**Task objective**
In the records below, please retype word for word every line from the one containing "AreCalm empty es (mounted i)" through the final one, both included, and nothing else.

**Collected data entries**

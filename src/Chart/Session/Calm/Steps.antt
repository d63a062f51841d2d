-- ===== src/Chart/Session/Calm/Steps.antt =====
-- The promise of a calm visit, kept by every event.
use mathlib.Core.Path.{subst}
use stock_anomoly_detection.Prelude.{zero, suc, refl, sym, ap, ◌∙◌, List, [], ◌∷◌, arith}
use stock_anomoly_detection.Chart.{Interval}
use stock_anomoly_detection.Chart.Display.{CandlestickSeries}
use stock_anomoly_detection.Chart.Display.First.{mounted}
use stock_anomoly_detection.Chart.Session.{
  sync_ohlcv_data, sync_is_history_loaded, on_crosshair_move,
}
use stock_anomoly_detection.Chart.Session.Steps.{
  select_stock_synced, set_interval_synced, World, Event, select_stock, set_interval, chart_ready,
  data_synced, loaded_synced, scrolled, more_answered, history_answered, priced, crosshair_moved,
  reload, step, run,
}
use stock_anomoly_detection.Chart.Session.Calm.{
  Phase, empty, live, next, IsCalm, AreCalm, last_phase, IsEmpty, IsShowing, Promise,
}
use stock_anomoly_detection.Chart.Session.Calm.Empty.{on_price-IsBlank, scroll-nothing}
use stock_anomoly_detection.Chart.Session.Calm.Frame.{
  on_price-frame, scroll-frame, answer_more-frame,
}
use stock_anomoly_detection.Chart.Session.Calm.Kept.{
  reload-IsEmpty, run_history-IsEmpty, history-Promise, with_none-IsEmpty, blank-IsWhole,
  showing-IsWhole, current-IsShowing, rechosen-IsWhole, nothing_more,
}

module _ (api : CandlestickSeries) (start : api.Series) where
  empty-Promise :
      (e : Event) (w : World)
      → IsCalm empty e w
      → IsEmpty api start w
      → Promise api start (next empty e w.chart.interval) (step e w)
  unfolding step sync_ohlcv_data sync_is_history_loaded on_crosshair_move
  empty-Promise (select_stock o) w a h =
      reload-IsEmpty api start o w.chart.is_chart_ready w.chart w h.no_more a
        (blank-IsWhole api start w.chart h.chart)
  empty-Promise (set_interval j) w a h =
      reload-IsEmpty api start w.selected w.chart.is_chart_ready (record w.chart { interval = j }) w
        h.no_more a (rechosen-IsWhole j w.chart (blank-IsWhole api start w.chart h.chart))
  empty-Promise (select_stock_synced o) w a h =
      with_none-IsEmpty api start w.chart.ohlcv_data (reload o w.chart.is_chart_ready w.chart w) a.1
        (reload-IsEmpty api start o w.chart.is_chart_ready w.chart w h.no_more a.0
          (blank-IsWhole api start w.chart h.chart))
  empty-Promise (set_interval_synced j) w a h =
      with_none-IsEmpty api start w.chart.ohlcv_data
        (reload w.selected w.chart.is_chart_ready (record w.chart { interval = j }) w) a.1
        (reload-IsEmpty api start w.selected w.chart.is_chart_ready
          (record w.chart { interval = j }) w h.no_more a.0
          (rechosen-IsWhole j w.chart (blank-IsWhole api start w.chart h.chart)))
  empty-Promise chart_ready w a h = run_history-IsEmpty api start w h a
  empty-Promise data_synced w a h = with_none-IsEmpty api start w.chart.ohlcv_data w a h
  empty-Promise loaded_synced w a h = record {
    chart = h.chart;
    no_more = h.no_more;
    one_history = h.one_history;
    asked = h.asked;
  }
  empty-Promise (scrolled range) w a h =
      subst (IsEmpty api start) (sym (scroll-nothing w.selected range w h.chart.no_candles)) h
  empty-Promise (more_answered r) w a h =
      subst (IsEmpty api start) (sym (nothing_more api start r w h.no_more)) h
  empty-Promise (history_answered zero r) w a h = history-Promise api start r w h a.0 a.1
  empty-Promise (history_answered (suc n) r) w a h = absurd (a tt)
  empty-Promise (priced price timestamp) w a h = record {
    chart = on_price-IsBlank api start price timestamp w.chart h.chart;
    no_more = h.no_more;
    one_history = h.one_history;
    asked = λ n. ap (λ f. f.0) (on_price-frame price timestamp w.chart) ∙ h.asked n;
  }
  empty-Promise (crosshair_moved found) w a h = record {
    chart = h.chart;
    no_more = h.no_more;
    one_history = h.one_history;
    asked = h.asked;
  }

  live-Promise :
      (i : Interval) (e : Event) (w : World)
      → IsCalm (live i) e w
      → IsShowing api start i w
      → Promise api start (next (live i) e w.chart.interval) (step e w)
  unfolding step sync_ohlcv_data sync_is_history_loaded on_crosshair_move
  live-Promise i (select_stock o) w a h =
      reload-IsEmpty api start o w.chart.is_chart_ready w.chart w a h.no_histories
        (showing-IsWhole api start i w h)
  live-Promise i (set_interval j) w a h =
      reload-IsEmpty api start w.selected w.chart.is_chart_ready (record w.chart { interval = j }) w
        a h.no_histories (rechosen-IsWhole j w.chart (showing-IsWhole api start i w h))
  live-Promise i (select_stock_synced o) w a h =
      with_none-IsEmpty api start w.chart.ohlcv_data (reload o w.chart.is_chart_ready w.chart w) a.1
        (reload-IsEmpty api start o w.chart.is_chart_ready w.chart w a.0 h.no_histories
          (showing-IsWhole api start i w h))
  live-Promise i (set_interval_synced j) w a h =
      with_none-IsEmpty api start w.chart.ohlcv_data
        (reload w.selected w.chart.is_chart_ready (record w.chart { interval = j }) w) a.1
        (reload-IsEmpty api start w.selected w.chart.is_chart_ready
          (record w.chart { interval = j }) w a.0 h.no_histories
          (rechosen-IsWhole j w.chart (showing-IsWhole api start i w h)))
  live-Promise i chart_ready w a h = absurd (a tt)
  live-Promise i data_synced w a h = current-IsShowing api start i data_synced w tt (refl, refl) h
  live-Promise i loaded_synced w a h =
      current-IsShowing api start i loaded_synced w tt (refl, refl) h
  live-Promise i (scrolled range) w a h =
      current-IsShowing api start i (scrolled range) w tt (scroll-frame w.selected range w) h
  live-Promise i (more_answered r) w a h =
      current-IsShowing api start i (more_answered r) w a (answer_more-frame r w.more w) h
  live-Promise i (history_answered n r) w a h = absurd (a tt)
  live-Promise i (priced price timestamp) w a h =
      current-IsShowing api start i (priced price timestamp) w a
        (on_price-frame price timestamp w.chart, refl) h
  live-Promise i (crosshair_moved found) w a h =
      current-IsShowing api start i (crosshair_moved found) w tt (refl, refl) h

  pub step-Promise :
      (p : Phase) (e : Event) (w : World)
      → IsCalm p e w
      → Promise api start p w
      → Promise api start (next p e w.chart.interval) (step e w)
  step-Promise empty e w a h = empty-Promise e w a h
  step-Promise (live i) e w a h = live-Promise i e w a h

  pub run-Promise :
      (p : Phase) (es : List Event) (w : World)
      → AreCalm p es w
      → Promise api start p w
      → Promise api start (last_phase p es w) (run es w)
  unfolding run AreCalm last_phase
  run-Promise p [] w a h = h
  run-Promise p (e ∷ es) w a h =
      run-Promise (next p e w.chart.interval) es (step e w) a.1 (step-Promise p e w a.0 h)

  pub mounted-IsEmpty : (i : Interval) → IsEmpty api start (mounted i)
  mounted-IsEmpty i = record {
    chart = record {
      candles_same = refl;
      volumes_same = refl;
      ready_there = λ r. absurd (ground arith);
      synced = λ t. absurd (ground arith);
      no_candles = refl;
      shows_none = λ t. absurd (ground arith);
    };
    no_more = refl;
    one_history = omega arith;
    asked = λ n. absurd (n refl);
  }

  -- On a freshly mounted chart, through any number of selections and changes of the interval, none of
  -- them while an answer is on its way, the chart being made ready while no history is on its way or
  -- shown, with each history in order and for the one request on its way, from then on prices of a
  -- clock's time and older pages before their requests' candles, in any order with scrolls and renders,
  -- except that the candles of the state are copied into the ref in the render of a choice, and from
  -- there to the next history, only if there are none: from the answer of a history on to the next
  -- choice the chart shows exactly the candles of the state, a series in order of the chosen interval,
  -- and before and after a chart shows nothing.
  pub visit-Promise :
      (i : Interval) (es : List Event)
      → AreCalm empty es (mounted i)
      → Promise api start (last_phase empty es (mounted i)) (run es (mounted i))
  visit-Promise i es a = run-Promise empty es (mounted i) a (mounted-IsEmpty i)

**Final answer**
      → AreCalm empty es (mounted i)
      → Promise api start (last_phase empty es (mounted i)) (run es (mounted i))
  visit-Promise i es a = run-Promise empty es (mounted i) a (mounted-IsEmpty i)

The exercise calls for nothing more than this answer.